Салах ад-Дин заметил, что свиток мелко дрожит в руке отца.
– Отец, ты хочешь взять с меня клятву, что я не стану воевать с великим атабеком, если он двинется с войском в Египет?
– проницательно заметил везирь Юсуф.
– Здесь, в Египте, ты уже подхватил две дурных привычки, - заметил отец.
– От еретиков ты научился скрытности и непоследовательности в поступках, а от еврейских купцов подхватил привычку отвечать вопросом на вопрос.
– Мое слово, отец. Я не собираюсь противиться воле великого атабека, - сказал Салах ад-Дин.
– Я не стану воевать с нашим благодетелем, вот увидишь.
– Осталось дело за халифом Багдада, - невольно вздохнув с облегчением, напомнил сыну Наим ад-Дин Айюб.
– Я молю Всемогущего Аллаха, чтобы Он поставил меня первым, кто услышит имя халифа аль-Мустади в Большой мечети Каира.
– Твое слово, отец, - сказал на это Салах ад-Дин.
– Пусть твоя молитва будет услышана на небесах. Ты сам прикажешь хатыбу* заменить в пятничной молитве одно имя другим, воистину благословенным.
Добродетельный Айюб только открыл рот и закрыл его, не найдя слов. Сын научился удивлять своего отца и обезоруживать его мудрость.

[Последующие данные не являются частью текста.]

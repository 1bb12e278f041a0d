-- ===== src/AgvIdMap/View.antt =====
-- src/common/agvid-map.ts: the map of maps seen through its iterator, as one flat map.
use text.Mathlib.TextEquality.{eq_iff}
use vda_5050_lib_2_0_0_js.Prelude.{
  ◌≡◌, refl, ◌≢◌, String, none, some, List, [], ◌∷◌, ◌++◌, map, String-Eq, ◌==◌, if◌then◌else◌,
  arith, length, length-append, ◌⊎◌, inl, inr,
}
use vda_5050_lib_2_0_0_js.JsMap
use vda_5050_lib_2_0_0_js.JsMap.{JsMap}
use vda_5050_lib_2_0_0_js.Types.{AgvId, AgvId-Eq}
use vda_5050_lib_2_0_0_js.AgvIdMap.{AgvIdMap, empty, size, get, set, delete, entries}
use vda_5050_lib_2_0_0_js.JsMap.Laws.{HasDistinctKeys}
use vda_5050_lib_2_0_0_js.AgvIdMap.Laws.{IsWellFormed, set-IsWellFormed, delete-IsWellFormed}

-- A change of a map.
pub data Change {ℓ} (T : Type ℓ) : Type ℓ where
  put : AgvId → T → Change T
  drop : AgvId → Change T

module _ {ℓ} {T : Type ℓ} where
  length-map {κ} : {B : Type κ} (f : T → B) (xs : List T) → length (map f xs) ≡ length xs
  length-map f [] = refl
  length-map f (x ∷ xs) = omega (arith, length-map f xs)

module _ {ℓ} {T : Type ℓ} where
  -- The size is the number of entries that the iterator yields.
  size-entries : (m : AgvIdMap T) → size m ≡ length (entries m)
  unfolding size entries
  size-entries [] = refl
  size-entries ((manufacturer, inner) ∷ m) = omega (
    arith,
    length-append (tagged manufacturer inner) (entries m),
    length-map (tag manufacturer) inner,
    size-entries m,
  )
    where
      tag : String → String × T → AgvId × T
      tag manufacturer b = (record { manufacturer = manufacturer; serial_number = b.0 }, b.1)

      tagged : String → JsMap String T → List (AgvId × T)
      tagged manufacturer inner = map (tag manufacturer) inner

  get-append :
      (id : AgvId) (xs ys : List (AgvId × T))
      → JsMap.get id (xs ++ ys)
        ≡ (elim (JsMap.get id xs) [ none ↦ JsMap.get id ys | some v ↦ some v ])
  unfolding JsMap.get
  get-append id [] ys = refl
  get-append id ((k, v) ∷ xs) ys = ground (arith, get-append id xs ys)

  get-tagged :
      (id : AgvId) (manufacturer : String) (inner : JsMap String T)
      → JsMap.get id
          (map (λ b. (record { manufacturer = manufacturer; serial_number = b.0 }, b.1)) inner)
        ≡ (if manufacturer == id.manufacturer then JsMap.get id.serial_number inner else none)
  unfolding JsMap.get
  get-tagged id manufacturer [] = ground arith
  get-tagged id manufacturer ((s, v) ∷ inner) = ground (arith, get-tagged id manufacturer inner)

  -- Looking a vehicle up in the iterator's entries gives what `get` gives.
  get-entries :
      (id : AgvId) (m : AgvIdMap T) → HasDistinctKeys m → JsMap.get id (entries m) ≡ get id m
  unfolding entries get JsMap.get
  get-entries id [] d = refl
  get-entries id ((manufacturer, inner) ∷ m) (d, ds) =
      rw (get-append id _ (entries m), get-tagged id manufacturer inner)
        (ground (arith, eq_iff manufacturer id.manufacturer, get-entries id m ds))

  -- No entry of a manufacturer.
  IsAbsent : String → List (AgvId × T) → Type 0
  IsAbsent m [] = Unit
  IsAbsent m ((id, v) ∷ es) = (m ≢ id.manufacturer) × IsAbsent m es

  -- The first entry is of a manufacturer.
  StartsWith : String → List (AgvId × T) → Type 0
  StartsWith m [] = ⊥
  StartsWith m ((id, v) ∷ es) = m ≡ id.manufacturer

  -- After each entry comes one of the same manufacturer, or none at all any more.
  pub IsGrouped : List (AgvId × T) → Type 0
  IsGrouped [] = Unit
  IsGrouped ((id, v) ∷ es) =
      (StartsWith id.manufacturer es ⊎ IsAbsent id.manufacturer es) × IsGrouped es

  abbrev tag_all : String → JsMap String T → List (AgvId × T)
  tag_all m inner = map (λ b. (record { manufacturer = m; serial_number = b.0 }, b.1)) inner

  IsAbsent-append :
      (k m : String) (inner : JsMap String T) (es : List (AgvId × T))
      → k ≢ m
      → IsAbsent k es
      → IsAbsent k (tag_all m inner ++ es)
  unfolding IsAbsent
  IsAbsent-append k m [] es h a = a
  IsAbsent-append k m (b ∷ inner) es h a = (h, IsAbsent-append k m inner es h a)

  IsAbsent-entries : (k : String) (m : AgvIdMap T) → JsMap.get k m ≡ none → IsAbsent k (entries m)
  unfolding entries JsMap.get IsAbsent
  IsAbsent-entries k [] e = tt
  IsAbsent-entries k ((j, inner) ∷ m) e =
      IsAbsent-append k j inner (entries m) (λ same. ground (arith, e, same, eq_iff j k))
        (IsAbsent-entries k m (ground arith))

  IsGrouped-append :
      (m : String) (inner : JsMap String T) (es : List (AgvId × T))
      → IsAbsent m es
      → IsGrouped es
      → IsGrouped (tag_all m inner ++ es)
  unfolding IsGrouped StartsWith
  IsGrouped-append m [] es a g = g
  IsGrouped-append m (b ∷ []) es a g = (inr a, g)
  IsGrouped-append m (b ∷ c ∷ inner) es a g = (inl refl, IsGrouped-append m (c ∷ inner) es a g)

  grouped : (m : AgvIdMap T) → HasDistinctKeys m → IsGrouped (entries m)
  unfolding entries IsGrouped
  grouped [] d = tt
  grouped ((j, inner) ∷ m) (d, ds) =
      IsGrouped-append j inner (entries m) (IsAbsent-entries j m d) (grouped m ds)

  abbrev pub after : List (Change T) → AgvIdMap T → AgvIdMap T
  after [] m = m
  after (put id v ∷ changes) m = after changes (set id v m)
  after (drop id ∷ changes) m = after changes (delete id m)

  after-IsWellFormed :
      (changes : List (Change T)) (m : AgvIdMap T) → IsWellFormed m → IsWellFormed (after changes m)
  after-IsWellFormed [] m w = w
  after-IsWellFormed (put id v ∷ changes) m w =
      after-IsWellFormed changes (set id v m) (set-IsWellFormed id v m w)
  after-IsWellFormed (drop id ∷ changes) m w =
      after-IsWellFormed changes (delete id m) (delete-IsWellFormed id m w)

  -- In a map that any sets and deletions have made of the empty one, the entries of a manufacturer
  -- stand together in the iteration, whatever was set between them.
  pub entries-IsGrouped : (changes : List (Change T)) → IsGrouped (entries (after changes empty))
  entries-IsGrouped changes =
      grouped (after changes empty)
        (after-IsWellFormed changes empty (record { distinct = tt; inner = tt })).distinct
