-- ===== src/Mqtt.antt =====
-- src/common/mqtt-utils.ts. A text is read through its UTF-16 code units, as `charCodeAt` reads it.
pub mod Utf8
use Prim.Native.Char.{Char, code}
use Prim.Native.String.{[], ◌∷◌}
use vda_5050_lib_2_0_0_js.Prelude.{
  ℕ, ◌+◌, ◌-◌, ◌*◌, ◌/◌, ◌%◌, String, List, ◌++◌, ltb, leb, if◌then◌else◌, length, Outcome,
  throw_if, ok,
}
use mathlib.Core.List

abbrev pub max_mqtt_topic_utf8_count : ℕ
max_mqtt_topic_utf8_count = 65535

-- The code units of a character: a surrogate pair beyond the basic plane.
abbrev pub char_units : ℕ → List ℕ
char_units c =
    if ltb c 0x10000
    then List.◌∷◌ c List.[]
    else List.◌∷◌ (0xd800 + (c - 0x10000) / 0x400)
        (List.◌∷◌ (0xdc00 + (c - 0x10000) % 0x400) List.[])

unfoldable pub utf16 : String → List ℕ
utf16 [] = List.[]
utf16 (c ∷ s) = char_units (code c) ++ utf16 s

-- What one round of the loop adds to `count`.
unfoldable pub unit_bytes : ℕ → ℕ
unit_bytes code =
    if leb code 0x007f
    then 1
    else if leb code 0x07ff
    then 2
    else if leb code 0xd7ff
    then 3
    else if leb code 0xdfff
    then 2
    else 3

unfoldable pub utf8_bytes_from : ℕ → List ℕ → ℕ
utf8_bytes_from count List.[] = count
utf8_bytes_from count (List.◌∷◌ code str) = utf8_bytes_from (count + unit_bytes code) str

unfoldable pub get_utf8_bytes_count : String → ℕ
unfolding utf8_bytes_from utf16 unit_bytes
get_utf8_bytes_count str = utf8_bytes_from 0 (utf16 str)

pub data TopicError : Type 0 where
  topic_too_long : TopicError

unfoldable pub assert_mqtt_topic_utf8_count : ℕ → Outcome TopicError (Unit {0})
assert_mqtt_topic_utf8_count utf8_count =
    throw_if (ltb max_mqtt_topic_utf8_count utf8_count) topic_too_long

unfoldable pub assert_mqtt_topic_length : String → Outcome TopicError (Unit {0})
unfolding assert_mqtt_topic_utf8_count
assert_mqtt_topic_length mqtt_topic =
    if ltb max_mqtt_topic_utf8_count (length (utf16 mqtt_topic) * 4)
    then assert_mqtt_topic_utf8_count (get_utf8_bytes_count mqtt_topic)
    else ok tt
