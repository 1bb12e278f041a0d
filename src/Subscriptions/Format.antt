-- ===== src/Subscriptions/Format.antt =====
-- src/common/subscription-manager.ts, `_compileMqttTopic`: MQTT topics from a format with
-- placeholders, and back. The `levels` array that the source's closures share is the field `levels`.
pub mod Laws
pub mod RoundTrip
use Prim.Native.Char.{Char, code}
use Prim.Native.String.{[], ◌∷◌}
use text.Mathlib.Text.{find?}
use mathlib.Core.List
use vda_5050_lib_2_0_0_js.Prelude.{
  ℕ, zero, suc, ◌+◌, String, Option, none, some, Bool, true, false, not, ◌&&◌, ◌||◌, String-Eq,
  Option-Eq, ℕ-Eq, ◌==◌, eqb, if◌then◌else◌, List, map, any, find_index, get_elem?, length, Outcome,
  ok, err, ◌>>=◌, ◌>>◌, throw_if, split_slash, join_slash, append,
}
use vda_5050_lib_2_0_0_js.Mqtt.{get_utf8_bytes_count}

pub data FormatError : Type 0 where
  invalid_placeholder : String → FormatError
  missing_topic : FormatError

pub data Placeholder : Type 0 where
  for_interface for_version for_manufacturer for_serial_number for_topic : Placeholder

abbrev pub placeholder : Placeholder → String
placeholder Placeholder.for_interface = "%interfaceName%"
placeholder Placeholder.for_version = "%majorVersion%"
placeholder Placeholder.for_manufacturer = "%manufacturer%"
placeholder Placeholder.for_serial_number = "%serialNumber%"
placeholder Placeholder.for_topic = "%topic%"

abbrev pub placeholders : List Placeholder
placeholders = List.◌∷◌ Placeholder.for_interface (
    List.◌∷◌ Placeholder.for_version (
      List.◌∷◌ Placeholder.for_manufacturer
        (List.◌∷◌ Placeholder.for_serial_number (List.◌∷◌ Placeholder.for_topic List.[]))))

abbrev is_dot : Char → Bool
is_dot c = eqb (code c) b'.'

-- `s.substring(0, s.indexOf("."))`, which is empty where there is no dot.
before_dot : String → Option String
before_dot [] = none
before_dot (c ∷ s) =
    let rest = before_dot s in
    if is_dot c then some "" else elim rest [ none ↦ none | some r ↦ some (c ∷ r) ]

unfoldable pub major_version_of : String → String
unfolding before_dot
major_version_of version = elim (before_dot version) [ none ↦ "v" | some n ↦ append "v" n ]

-- `levels.indexOf(p)`; -1 is `none`.
unfoldable pub index_of : String → List String → Option ℕ
index_of p List.[] = none
index_of p (List.◌∷◌ l levels) =
    let rest = index_of p levels in
    if l == p then some 0 else elim rest [ none ↦ none | some i ↦ some (suc i) ]

abbrev pub contains : String → String → Bool
contains l p = elim (find? l p) [ none ↦ false | some i ↦ true ]

-- `levels.some((l, li) => l.search(p) !== -1 && li !== index)`, from position `li` on.
unfoldable pub misplaced_from : ℕ → String → Option ℕ → List String → Bool
misplaced_from li p index List.[] = false
misplaced_from li p index (List.◌∷◌ l levels) =
    contains l p && not (some li == index) || misplaced_from (li + 1) p index levels

pub record Format : Type 0 where
  pub levels : List String
  pub interface : String
  pub version : String

unfoldable pub index : Format → Placeholder → Option ℕ
index f p = index_of (placeholder p) f.levels

unfoldable pub check_placeholders : List String → List Placeholder → Outcome FormatError (Unit {0})
check_placeholders levels List.[] = ok tt
check_placeholders levels (List.◌∷◌ p ps) = do
  throw_if (misplaced_from 0 (placeholder p) (index_of (placeholder p) levels) levels)
      (invalid_placeholder (placeholder p))
  check_placeholders levels ps

abbrev is_none {ℓ} : {A : Type ℓ} → Option A → Bool
is_none none = true
is_none (some a) = false

unfoldable pub compile : String → String → String → Outcome FormatError Format
compile topic_format interface_name protocol_version = do
  let levels = split_slash topic_format
  check_placeholders levels placeholders
  throw_if (is_none (index_of (placeholder Placeholder.for_topic) levels)) missing_topic
  ok (record {
    levels = levels;
    interface = interface_name;
    version = major_version_of protocol_version;
  })

abbrev pub set : List String → ℕ → String → List String
set List.[] i v = List.[]
set (List.◌∷◌ x xs) zero v = List.◌∷◌ v xs
set (List.◌∷◌ x xs) (suc i) v = List.◌∷◌ x (set xs i v)

-- `levels[index] = v`; an assignment at -1 makes a property that `join` does not see.
unfoldable pub assign : Option ℕ → String → List String → List String
assign none v levels = levels
assign (some i) v levels = set levels i v

-- The five assignments that both closures begin with, on the array as it stands.
unfoldable pub fill : Format → String → String → String → List String → List String
fill f manufacturer serial_number topic levels = assign (index f Placeholder.for_topic) topic (
    assign (index f Placeholder.for_serial_number) serial_number (
      assign (index f Placeholder.for_manufacturer) manufacturer (
        assign (index f Placeholder.for_version) f.version
          (assign (index f Placeholder.for_interface) f.interface levels))))

unfoldable pub construct_mqtt_topic : Format → String → String → String → String
construct_mqtt_topic f manufacturer serial_number topic =
    join_slash (fill f manufacturer serial_number topic f.levels)

-- The levels that stand for manufacturer, serial number and topic; `undefined` is `none`.
pub record Deconstructed : Type 0 where
  pub manufacturer : Option String
  pub serial_number : Option String
  pub topic : Option String

abbrev pub level_at : List String → Option ℕ → Option String
level_at levels none = none
level_at levels (some i) = get_elem? levels i

unfoldable pub deconstruct_mqtt_topic : Format → String → Deconstructed
deconstruct_mqtt_topic f mqtt_topic =
    let levels = split_slash mqtt_topic in
    record {
      manufacturer = level_at levels (index f Placeholder.for_manufacturer);
      serial_number = level_at levels (index f Placeholder.for_serial_number);
      topic = level_at levels (index f Placeholder.for_topic);
    }

-- The `reduce`: the bytes of the levels and of a slash after each but the last.
unfoldable pub sum_bytes : ℕ → List String → ℕ
sum_bytes prev List.[] = prev
sum_bytes prev (List.◌∷◌ cur List.[]) = prev + get_utf8_bytes_count cur + 0
sum_bytes prev (List.◌∷◌ cur (List.◌∷◌ next rest)) =
    sum_bytes (prev + get_utf8_bytes_count cur + 1) (List.◌∷◌ next rest)

unfoldable pub mqtt_topic_utf8_length : Format → String → String → String → ℕ
mqtt_topic_utf8_length f manufacturer serial_number topic =
    sum_bytes 0 (fill f manufacturer serial_number topic f.levels)

-- `getMqttTopic` and `getMqttTopicUtf8Length`: an absent part is the MQTT wildcard.
abbrev pub or_wildcard : Option String → String
or_wildcard none = "+"
or_wildcard (some s) = s

unfoldable pub get_mqtt_topic : Format → Option String → Option String → Option String → String
get_mqtt_topic f topic manufacturer serial_number =
    construct_mqtt_topic f (or_wildcard manufacturer) (or_wildcard serial_number)
      (or_wildcard topic)

unfoldable pub get_mqtt_topic_utf8_length :
    Format → Option String → Option String → Option String → ℕ
get_mqtt_topic_utf8_length f topic manufacturer serial_number =
    mqtt_topic_utf8_length f (or_wildcard manufacturer) (or_wildcard serial_number)
      (or_wildcard topic)
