-- ===== src/Client.antt =====
-- src/common/client.ts: publishing on a topic and the checks of topics and vehicles. `now` is the
-- clock as text; `check_object` is the message of the generated or registered validator's error, if
-- it finds one. The MQTT client is a log of what it is asked to publish.
pub mod Directions
pub mod HeaderIds
pub mod Publishing
pub mod Tracking
pub mod Subscribing
use Prim.Native.Char.{Char, code}
use vda_5050_lib_2_0_0_js.Prelude.{
  ℕ, ◌+◌, String, Option, none, some, Bool, true, false, not, ◌&&◌, ◌||◌, List, [], ◌∷◌, ◌++◌, ltb,
  leb, eqb, if◌then◌else◌, String-Eq, ◌==◌, every_char, Outcome, ok, err, ◌>>=◌, ◌>>◌, throw_if,
}
use vda_5050_lib_2_0_0_js.JsMap
use vda_5050_lib_2_0_0_js.JsMap.{JsMap}
use vda_5050_lib_2_0_0_js.Types.{
  AgvId, AgvIdPattern, Topic, topic_name, core_topics, Header, Headerless, Vda5050Object,
  is_extension_topic,
}
use vda_5050_lib_2_0_0_js.Mqtt.{assert_mqtt_topic_length}
use vda_5050_lib_2_0_0_js.Subscriptions.Format.{Format, get_mqtt_topic}

pub data ClientError : Type 0 where
  client_not_started topic_empty topic_level_invalid extension_not_registered extension_not_inbound
        extension_not_outbound manufacturer_empty manufacturer_missing manufacturer_invalid
        serial_number_empty serial_number_missing serial_number_invalid mqtt_topic_too_long :
      ClientError
  direction_invalid : Topic → Bool → ClientError
  object_invalid : String → ClientError

-- `ILLEGAL_TOPIC_LEVEL_CHARS_REGEX`: NUL, plus, hash and slash.
unfoldable pub is_legal_topic_char : Char → Bool
is_legal_topic_char c =
    not (eqb (code c) 0 || (eqb (code c) b'+' || (eqb (code c) b'#' || eqb (code c) b'/')))

abbrev pub is_valid_topic_level : String → Bool
is_valid_topic_level name = every_char is_legal_topic_char name

abbrev between : ℕ → ℕ → ℕ → Bool
between low high n = leb low n && leb n high

-- A-Z a-z 0-9 _ . : -
unfoldable pub is_serial_number_char : Char → Bool
is_serial_number_char c =
    between b'A' b'Z' (code c)
    || (between b'a' b'z' (code c)
        || (between b'0' b'9' (code c)
            || (eqb (code c) b'_'
                || (eqb (code c) b'.' || (eqb (code c) b':' || eqb (code c) b'-')))))

abbrev is_missing : Option String → Bool
is_missing none = true
is_missing (some s) = s == ""

abbrev is_empty_text : Option String → Bool
is_empty_text none = false
is_empty_text (some s) = s == ""

abbrev passes : (String → Bool) → Option String → Bool
passes p none = true
passes p (some s) = p s

unfoldable pub validate_agv_id : AgvIdPattern → Bool → Outcome ClientError (Unit {0})
validate_agv_id id for_subscription = do
  throw_if (is_empty_text id.manufacturer) manufacturer_empty
  throw_if (not for_subscription && is_missing id.manufacturer) manufacturer_missing
  throw_if (not (passes is_valid_topic_level id.manufacturer)) manufacturer_invalid
  throw_if (is_empty_text id.serial_number) serial_number_empty
  throw_if (not for_subscription && is_missing id.serial_number) serial_number_missing
  throw_if
      (not (passes is_valid_topic_level id.serial_number)
        || not (passes (every_char is_serial_number_char) id.serial_number))
      serial_number_invalid

-- How an extension topic is registered.
pub record ExtensionTopic : Type 0 where
  pub as_inbound : Bool
  pub as_outbound : Bool

pub record Publication : Type 0 where
  pub mqtt_topic : String
  pub object : Vda5050Object
  pub retain : Bool

pub record Client : Type 0 where
  pub is_started : Bool
  pub is_connected : Bool
  pub format : Format
  pub header_ids : JsMap String ℕ
  pub extension_topics : JsMap String ExtensionTopic
  pub published : List Publication

pub record PublishOptions : Type 0 where
  pub retain_message : Bool
  pub drop_if_offline : Bool

abbrev pub max_header_id : ℕ
max_header_id = 0xffffffff

abbrev pub header_id_of : String → Client → ℕ
header_id_of topic c = elim (JsMap.get topic c.header_ids) [ none ↦ 0 | some id ↦ id ]

unfoldable pub next_header_id : String → Client → Client × ℕ
next_header_id topic c =
    let id = header_id_of topic c in
    (
      record c {
        header_ids = JsMap.set topic (if ltb id max_header_id then id + 1 else 0) c.header_ids;
      },
      id,
    )

abbrev core_topic_of : String → List Topic → Option Topic
core_topic_of name [] = none
core_topic_of name (t ∷ ts) =
    let rest = core_topic_of name ts in if topic_name t == name then some t else rest

abbrev given_or {ℓ} : {A : Type ℓ} → Option A → A → A
given_or none a = a
given_or (some b) a = b

-- The checks that `validateTopicDirection` of a subclass takes part in.
module _ (check_direction : Topic → Bool → Outcome ClientError (Unit {0})) where
  unfoldable pub validate_topic :
      JsMap String ExtensionTopic → String → Bool → Outcome ClientError (Unit {0})
  validate_topic extensions topic for_subscription = do
    throw_if (topic == "") topic_empty
    throw_if (not (is_valid_topic_level topic)) topic_level_invalid
    elim (core_topic_of topic core_topics) [
      | some core ↦ check_direction core for_subscription
      | none ↦ elim (JsMap.get topic extensions) [
        | none ↦ err extension_not_registered
        | some e ↦ do
          throw_if (for_subscription && not e.as_inbound) extension_not_inbound
          throw_if (not for_subscription && not e.as_outbound) extension_not_outbound
      ]
    ]

  module _ (protocol_version : String) (check_object : String → Vda5050Object → Option String) where
    unfoldable pub with_object_header : String → AgvId → Headerless → String → ℕ → Vda5050Object
    with_object_header topic subject object now header_id = record {
      header = record {
        header_id = header_id;
        manufacturer = subject.manufacturer;
        serial_number = subject.serial_number;
        timestamp = given_or object.timestamp now;
        version = protocol_version;
      };
      content = object.content;
    }

    abbrev validated : String → Vda5050Object → Outcome ClientError (Unit {0})
    validated topic object = elim (check_object topic object) [
      | none ↦ ok tt
      | some message ↦ err (object_invalid message)
    ]

    abbrev length_checked : String → Outcome ClientError (Unit {0})
    length_checked mqtt_topic = elim (assert_mqtt_topic_length mqtt_topic) [
      | ok x ↦ ok tt
      | err e ↦ err mqtt_topic_too_long
    ]

    abbrev pattern_of : AgvId → AgvIdPattern
    pattern_of id = record {
      manufacturer = some id.manufacturer;
      serial_number = some id.serial_number;
    }

    -- What is checked before a header ID is taken.
    unfoldable pub check_publish : String → AgvId → Client → Outcome ClientError (Unit {0})
    check_publish topic subject c = do
      throw_if (not c.is_started) client_not_started
      validate_topic c.extension_topics topic false
      validate_agv_id (pattern_of subject) false

    -- The message goes to the MQTT client, unless it is to be dropped while offline.
    unfoldable pub send :
        String → Vda5050Object → PublishOptions → Client → Client × Option Vda5050Object
    send mqtt_topic object options c =
        if not c.is_connected && options.drop_if_offline then (c, none) else (
          record c {
            published =
                c.published
                ++ record {
                  mqtt_topic = mqtt_topic;
                  object = object;
                  retain = options.retain_message;
                }
                  ∷ [];
          },
          some object,
        )

    -- The header ID that a refused message took is not given back.
    unfoldable pub publish_topic :
        String
        → AgvId
        → Headerless
        → PublishOptions
        → String
        → Client
        → Client × Outcome ClientError (Option Vda5050Object)
    publish_topic topic subject object options now c = elim (check_publish topic subject c) [
      | err e ↦ (c, err e)
      | ok x ↦
          let (c', id) = next_header_id topic c in
          let full = with_object_header topic subject object now id in
          let mqtt_topic =
            get_mqtt_topic c.format (some topic) (some subject.manufacturer)
              (some subject.serial_number) in
          elim (validated topic full >> length_checked mqtt_topic) [
            | err e ↦ (c', err e)
            | ok y ↦ let (c'', result) = send mqtt_topic full options c' in (c'', ok result)
          ]
    ]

– ...Но только после того, как я буду уверен в нашей безопасности, - добавил везирь и, призвав к себе своих братьев-военачальников велел подтягивать к Каиру войска, стоявшие в Бильбайсе
и Александрии.Вскоре над стенами Каира поднялась пыль, скрывшая от дозорных все стороны света. Вокруг города начались маневры.
На рассвете в первую пятницу последнего месяца мусульманского года Наим ад-Дин Айюб в сопровождении полусотни телохранителей твердым шагом двинулся к Большой мечети.
Он вошел в мечеть за несколько мгновений до начала молитвы, полагая застать хатыба врасплох и тем самым не дать ему времени перевести дух и как-нибудь вывернуться. Он потребовал, чтобы хатыб подошел к нему, и сурово сказал:
– Если ты помянешь имя того, кто считается правителем во дворце халифа, я отрублю тебе голову.
Каир уже полнился разными слухами и предчувствиями. Все, уже давно затаив дыхание, смотрели на "чашки весов". Новое повеление не удивило хатыба, не менее умудренного жизнью, чем казначей везиря.
– А чье имя помянуть?
– напрямую спросил он, глядя казначею в глаза.
– Халифа Багдада, - потребовал Наим ад-Дин Айюб и отошел, ибо час молитвы наступил.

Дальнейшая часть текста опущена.